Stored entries
────────

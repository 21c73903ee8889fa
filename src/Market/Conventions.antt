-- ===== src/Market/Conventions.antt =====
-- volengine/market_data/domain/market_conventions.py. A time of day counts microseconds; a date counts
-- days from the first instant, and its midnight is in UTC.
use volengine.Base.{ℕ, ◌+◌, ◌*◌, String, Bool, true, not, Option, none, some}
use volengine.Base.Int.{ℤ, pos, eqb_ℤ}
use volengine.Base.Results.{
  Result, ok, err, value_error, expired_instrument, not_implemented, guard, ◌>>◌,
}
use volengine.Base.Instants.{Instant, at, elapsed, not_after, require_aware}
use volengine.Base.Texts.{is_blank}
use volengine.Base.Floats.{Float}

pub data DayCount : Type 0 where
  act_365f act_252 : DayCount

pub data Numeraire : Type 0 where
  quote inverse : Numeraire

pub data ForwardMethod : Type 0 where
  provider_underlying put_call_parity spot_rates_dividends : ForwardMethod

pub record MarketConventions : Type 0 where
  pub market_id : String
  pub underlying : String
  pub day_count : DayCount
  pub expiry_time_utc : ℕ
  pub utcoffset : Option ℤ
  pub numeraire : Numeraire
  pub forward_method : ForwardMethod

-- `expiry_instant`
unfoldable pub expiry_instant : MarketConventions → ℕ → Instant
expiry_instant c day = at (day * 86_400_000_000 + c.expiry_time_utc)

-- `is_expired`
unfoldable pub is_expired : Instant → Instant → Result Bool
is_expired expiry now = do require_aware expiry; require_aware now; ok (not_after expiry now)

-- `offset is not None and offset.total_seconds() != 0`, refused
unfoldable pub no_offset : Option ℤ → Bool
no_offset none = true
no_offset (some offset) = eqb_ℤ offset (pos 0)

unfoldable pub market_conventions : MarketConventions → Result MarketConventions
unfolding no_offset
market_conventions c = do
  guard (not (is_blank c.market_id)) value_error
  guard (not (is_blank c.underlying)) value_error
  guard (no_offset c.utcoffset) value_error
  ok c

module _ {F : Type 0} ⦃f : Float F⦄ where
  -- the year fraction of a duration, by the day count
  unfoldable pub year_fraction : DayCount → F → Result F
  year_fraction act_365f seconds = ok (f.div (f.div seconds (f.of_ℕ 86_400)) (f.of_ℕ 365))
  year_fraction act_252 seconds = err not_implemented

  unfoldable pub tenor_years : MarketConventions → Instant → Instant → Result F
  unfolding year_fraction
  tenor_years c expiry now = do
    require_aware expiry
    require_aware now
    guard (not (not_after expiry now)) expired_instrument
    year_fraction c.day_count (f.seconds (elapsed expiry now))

────────

Work instruction
Copy out each line of the data exactly.

Solution to the problem
repository 21c73903ee8889fa
filename src/Market/Conventions.antt
-- ===== src/Market/Conventions.antt =====
-- volengine/market_data/domain/market_conventions.py. A time of day counts microseconds; a date counts
-- days from the first instant, and its midnight is in UTC.
use volengine.Base.{ℕ, ◌+◌, ◌*◌, String, Bool, true, not, Option, none, some}
use volengine.Base.Int.{ℤ, pos, eqb_ℤ}
use volengine.Base.Results.{
  Result, ok, err, value_error, expired_instrument, not_implemented, guard, ◌>>◌,
}
use volengine.Base.Instants.{Instant, at, elapsed, not_after, require_aware}
use volengine.Base.Texts.{is_blank}
use volengine.Base.Floats.{Float}

pub data DayCount : Type 0 where
  act_365f act_252 : DayCount

pub data Numeraire : Type 0 where
  quote inverse : Numeraire

pub data ForwardMethod : Type 0 where
  provider_underlying put_call_parity spot_rates_dividends : ForwardMethod

pub record MarketConventions : Type 0 where
  pub market_id : String
  pub underlying : String
  pub day_count : DayCount
  pub expiry_time_utc : ℕ
  pub utcoffset : Option ℤ
  pub numeraire : Numeraire
  pub forward_method : ForwardMethod

-- `expiry_instant`
unfoldable pub expiry_instant : MarketConventions → ℕ → Instant
expiry_instant c day = at (day * 86_400_000_000 + c.expiry_time_utc)

-- `is_expired`
unfoldable pub is_expired : Instant → Instant → Result Bool
is_expired expiry now = do require_aware expiry; require_aware now; ok (not_after expiry now)

-- `offset is not None and offset.total_seconds() != 0`, refused
unfoldable pub no_offset : Option ℤ → Bool
no_offset none = true
no_offset (some offset) = eqb_ℤ offset (pos 0)

unfoldable pub market_conventions : MarketConventions → Result MarketConventions
unfolding no_offset
market_conventions c = do
  guard (not (is_blank c.market_id)) value_error
  guard (not (is_blank c.underlying)) value_error
  guard (no_offset c.utcoffset) value_error
  ok c

module _ {F : Type 0} ⦃f : Float F⦄ where
  -- the year fraction of a duration, by the day count
  unfoldable pub year_fraction : DayCount → F → Result F
  year_fraction act_365f seconds = ok (f.div (f.div seconds (f.of_ℕ 86_400)) (f.of_ℕ 365))
  year_fraction act_252 seconds = err not_implemented

  unfoldable pub tenor_years : MarketConventions → Instant → Instant → Result F
  unfolding year_fraction
  tenor_years c expiry now = do
    require_aware expiry
    require_aware now
    guard (not (not_after expiry now)) expired_instrument
    year_fraction c.day_count (f.seconds (elapsed expiry now))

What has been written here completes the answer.